Murderer of Birmingham taxi driver Mohammed Arshad jailed for 30 years


Andrew Bayliss

A debt-ridden robber from Birmingham who stabbed a taxi driver through the skull in a frenzied knife attack has been jailed for at least 30 years after being found guilty of murder.

Jurors at Worcester Crown Court took about four hours to unanimously convict Andrew Bayliss after hearing that he compiled a journal confessing that he was "swimming in guilt" in the months after killing Mohammed Arshad in a Worcestershire road next to the Birmingham City training ground near Hopwood.

Bayliss, of Ratcliffe Avenue, Kings Norton, had denied murder, claiming that a childhood friend he met in a park was responsible for the killing.

Mohammed Arshad

But CCTV images and forensic evidence presented to the court, which included bloody palm-prints found on the victim's vehicle, proved that Bayliss had carried out the stabbing.

The warehouse worker's journal - in which he even wrote that he deserved to be caught - was found under his mattress when he was arrested in November 2009 following an appeal on the BBC's Crimewatch programme.

Mr Arshad, a father of three whose wife was expecting their fourth child, died in hospital a day after suffering 14 separate knife wounds on July 22, 2009.

Jailing Bayliss for life and ordering him to serve at least 30 years before being considered for parole, Judge Alistair McCreath said the killing had devastated the victim's family.

The judge told the defendant: "In July of 2009 you were in desperate financial trouble - you were in substantial debt, living beyond your means in part because of your drug abuse and in part because of other extravagances in your life.

"You and, I am satisfied, you alone hit on a plan to relieve the financial pressure on you by robbing a taxi driver."

Judge McCreath, the Recorder of Worcester, said the "terrible incident" had culminated in Bayliss stabbing Mr Arshad repeatedly, inflicting six injuries to his head alone.

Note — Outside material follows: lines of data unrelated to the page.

-- ===== src/Api/Drops.antt =====
-- Which queries the four views of a rack have asked for again after a drag or resize was accepted.
use datacenter_manager.Prelude.{
  String, Bool, true, false, Option, some, List, [], ◌∷◌, ◌++◌, ◌≡◌, refl, any, map, arith,
}
use datacenter_manager.Elevation.{Widget, Effect, invalidate, refetch, after_put}
use datacenter_manager.Elevation.RackDiagram as RackDiagram
use datacenter_manager.Elevation.RoomRackView as RoomRackView
use datacenter_manager.Elevation.RackElevation as RackElevation
use datacenter_manager.Elevation.FloorPlanRackPanel as FloorPlanRackPanel
use datacenter_manager.Api.{Params, KeyPart, name, name?, filter, Query}
use datacenter_manager.Api.Devices.{use_devices}
use datacenter_manager.Api.Topology.{use_rack_elevation, use_floor_plan}
use datacenter_manager.Api.Refresh.{Matching}

abbrev invalidated : Effect → List (List KeyPart)
invalidated (invalidate k) = map name k ∷ []
invalidated refetch = []

abbrev all_invalidated : List Effect → List (List KeyPart)
all_invalidated [] = []
all_invalidated (e ∷ es) = invalidated e ++ all_invalidated es

-- What the effects of an answer have asked for again, of the queries of other views.
abbrev pub has_refreshed : Matching → List Effect → Query → Bool
has_refreshed library es q = any (λ p. library.matches p q.key) (all_invalidated es)

-- The elevation of the rack, all lists of devices and all floor plans: which are asked for again.
abbrev pub Refreshes :
    Matching → String → Option Params → Option String → Widget → Bool → Bool → Bool → Type 0
Refreshes library rack_id params datacenter_id w elevation devices floor_plan =
    let es = after_put w rack_id true in
    (has_refreshed library es (use_rack_elevation (some rack_id)) ≡ elevation)
    × (has_refreshed library es (use_devices params) ≡ devices)
    × (has_refreshed library es (use_floor_plan datacenter_id) ≡ floor_plan)

module _ (library : Matching) (rack_id : String) (params : Option Params)
    (datacenter_id : Option String) where
  abbrev Has : Widget → Bool → Bool → Bool → Type 0
  Has = Refreshes library rack_id params datacenter_id

  diagram : Has RackDiagram.widget true true false
  unfolding after_put
  diagram =
      let plan : KeyPart = name? datacenter_id in
      ground (
        arith,
        library.extends (name "topology" ∷ name "rack-elevation" ∷ name rack_id ∷ []) [],
        library.extends (name "devices" ∷ []) (filter params ∷ []),
        library.differs [] "topology" "devices" (name "rack-elevation" ∷ name rack_id ∷ [])
            (filter params ∷ []) refl,
        library.differs [] "devices" "topology" [] (name "floor-plan" ∷ plan ∷ []) refl,
        library.differs (name "topology" ∷ []) "rack-elevation" "floor-plan" (name rack_id ∷ [])
            (plan ∷ []) refl,
      )

  panel : Has FloorPlanRackPanel.widget true false true
  unfolding after_put
  panel =
      let plan : KeyPart = name? datacenter_id in
      ground (
        arith,
        library.extends (name "topology" ∷ name "rack-elevation" ∷ name rack_id ∷ []) [],
        library.extends (name "topology" ∷ name "floor-plan" ∷ []) (plan ∷ []),
        library.differs [] "topology" "devices" (name "rack-elevation" ∷ name rack_id ∷ [])
            (filter params ∷ []) refl,
        library.differs [] "topology" "devices" (name "floor-plan" ∷ []) (filter params ∷ []) refl,
      )

  -- After an accepted drag or resize every view has its elevation asked for again. The rack diagram and
  -- the room's racks also have every list of devices, and no floor plan; the rack elevation and the
  -- panel every floor plan, and no list of devices.
  pub after_put-Refreshes :
      Has RackDiagram.widget true true false
      × Has RoomRackView.widget true true false
      × Has RackElevation.widget true false true
      × Has FloorPlanRackPanel.widget true false true
  unfolding after_put
  after_put-Refreshes = (diagram, diagram, panel, panel)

"This was an attack of considerable intensity, brutal and savage," the judge told Bayliss. "Your intent as you carried it out cannot have been less than to kill."

Mr Arshad, 36, from Birmingham, was left to die in a ditch beside Wast Hills Lane, near Hopwood, as Bayliss sped away in his taxi.

In his self-incriminating journal, apparently written for friends to read after his arrest, father-of-one Bayliss did not mention the man he later blamed for the killing.

In the notebook, Bayliss wrote that he "could not imagine being jailed until I am an old man" and that he "would rather die than spend life in prison".

Other excerpts from the notebook, described by the prosecution as the intense, personal, agonised thoughts of a man wracked with guilt, read: "I know I deserve to be caught but instincts are telling me to run and I am in so deep.

"I have wasted my life and destroyed others. I don't deserve anyone to be at my funeral."

The two-week murder trial also heard that Bayliss was picked up by Mr Arshad from near the gates of Broadmeadow School in Kings Norton on the evening of July 22.